Откос слева постепенно становился всё более крутым, заслоняя мелькнувшие было в просветах групп кустов разбитые домики все той же турбазы. На нём начали появляться сначала одиночные, а потом растущие купами деревья – по три-четыре ствола почти что из одного корня. У самого откоса горбящийся под тяжестью навьюченного груза радист указал влево рукой, чуть более светлым пятном мелькнувшей на фоне окружающей темноты, и Николай разглядел в треугольнике спускающейся к реке расщелины на мгновение показавшийся приземистый дом. Строение Г-образной формы стояло к ним углом, показывая сразу три свои стороны – так иногда рисуют крестьянские сараи в детских книгах.
– Столовка? – спросил сбоку «Гиви».
Николай до этого не предполагал, что виденное им до этого пару раз полуразбитое здание было столовой в те времена, когда турбаза существовала, но однажды он действительно разглядел неподалеку от него кучу каких-то проржавевших железяк, так что мысль показалась ему вполне здравой.
«Пожалуй…».
Сил произнести слово вслух неожиданно не хватило, и поэтому пришлось просто подумать его про себя.
Николай потратил ещё несколько секунд, стараясь привязать местность к плавающей перед глазами координатной сетке, на которой сияющей призмой полыхала цель пути. Одно дело – как человек представляет себе окружающее, и совсем другое – как он в нём ориентируется, а уж ночью это было совсем непросто.

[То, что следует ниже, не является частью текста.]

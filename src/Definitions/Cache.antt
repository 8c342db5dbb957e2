-- ===== src/Definitions/Cache.antt =====
-- `DefinitionStore::get` in crates/oxidarr-prowl/src/definitions.rs as a cache: what it keeps and what it
-- reads.
use oxidarr.Common.{◌≡◌, refl, Option, none, some, List, [], ◌∷◌, ◌++◌, Text, text_eq_refl, arith}
use oxidarr.Common.Outcome.{ok}
use oxidarr.Common.Act.{Yields, Yields-bind, Yields-lift, Yields-pure, Yields-any, Yields-imp}
use oxidarr.Model.{Definition}
use oxidarr.Definitions.{
  Files, Store, validate_id, cached, or_insert, cache_insert, load_definition, load_and_insert,
  held_or_load, get,
}

cached-append :
    (id : Text) (def : Definition) (cache : List (Text × Definition))
    → cached id cache ≡ none
    → cached id (cache ++ (id, def) ∷ []) ≡ some def
unfolding cached
cached-append id def [] h = rw (text_eq_refl id) refl
cached-append id def ((k, d) ∷ rest) h = ground (arith, h, cached-append id def rest)

or_insert-cached :
    (id : Text) (def : Definition) (held : Option Definition) (s : Store)
    → cached id s.cache ≡ held
    → Yields (or_insert id def held) s (λ got t. cached id t.cache ≡ some got)
unfolding or_insert
or_insert-cached id def (some d) s h = Yields-lift (ok d) λ a e. ground (arith, h, e)
or_insert-cached id def none s h = record {
  at = λ got t e. ground (arith, cached-append id def s.cache h, e);
}

insert-cached :
    (id : Text) (def : Definition) (s : Store)
    → Yields (cache_insert id def) s (λ got t. cached id t.cache ≡ some got)
unfolding cache_insert
insert-cached id def s = record {
  at = λ got t e. (or_insert-cached id def (cached id s.cache) s refl).at got t e;
}

module _ (files : Files) where
  load-cached :
      (id : Text) (s : Store)
      → Yields (load_and_insert files id) s (λ got t. cached id t.cache ≡ some got)
  unfolding load_and_insert
  load-cached id s =
      Yields-bind _ _ (Yields-any (load_definition files id)) λ def t _. insert-cached id def t

  held_or_load-cached :
      (id : Text) (held : Option Definition) (s : Store)
      → cached id s.cache ≡ held
      → Yields (held_or_load files id held) s (λ got t. cached id t.cache ≡ some got)
  unfolding held_or_load
  held_or_load-cached id (some def) s h = Yields-pure def h
  held_or_load-cached id none s h = load-cached id s

  get-cached :
      (id : Text) (s : Store)
      → Yields (get files id) s (λ got t. (cached id t.cache ≡ some got) × (validate_id id ≡ ok tt))
  unfolding get
  get-cached id s =
      Yields-bind _ _
        (Yields-lift {Q = λ u t. (t ≡ s) × (validate_id id ≡ ok u)} (validate_id id)
          (λ u e. (refl, e)))
        λ u t (e, valid).
          Yields-imp _ (record { at = (held_or_load-cached id (cached id t.cache) t refl).at })
            λ got t' c. (c, valid)

  hit :
      (id : Text) (s : Store) (def : Definition)
      → validate_id id ≡ ok tt
      → cached id s.cache ≡ some def
      → get files id s ≡ (ok def, s)
  unfolding get held_or_load
  hit id s def valid h = rw (valid, h) refl

  -- A definition that was got is got again from the cache: the same one, without a read.
  get-get :
      (id : Text) (s : Store) (def : Definition) (t : Store)
      → get files id s ≡ (ok def, t)
      → get files id t ≡ (ok def, t)
  get-get id s def t e = let (held, valid) = (get-cached id s).at def t e in hit id t def valid held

– Ещё метров сто. Не проскочить бы… – произнёс он в сторону бегущего теперь не впереди, а почему-то на метр или полтора в стороне командира.
– Не проскочим, – отозвался тот. – Вперёд!
Ещё несколько коротких отрезков такого же мягкого бега, особенно контрастных после пусть и ничтожной, но заминки, потраченной на обмен словами, – и слева над выступившим из темноты обрывом встала плотная стена зарослей. Каждое более-менее высокое дерево торчало как будто из пучка присоседившихся к нему тонких осиновых или ольховых стволиков, а от них отползали в стороны совсем уж приземистые кусты, по грудь человеку. Мелькнул и пропал позади просвет: какая-то асфальтированная площадка со столбами по углам, где сейчас громоздилась куча разбитых огнеупорных кирпичей – остатки разобранного им с ребятами дома, используемые для всяких мелких строительных нужд села, вроде обкладки дренажных траншей или площадок перед колодцами. Метров ещё через тридцать был мостик через речное русло, который спецназовцы обошли сразу с двух сторон: сверху и снизу, будто на полминуты выплеснув из своей цепочки два вскарабкавшихся по склону подсвеченных бежевым силуэта.
Оставалось совсем чуть-чуть. Метров, может, сорок. Действительно, не пропустить бы…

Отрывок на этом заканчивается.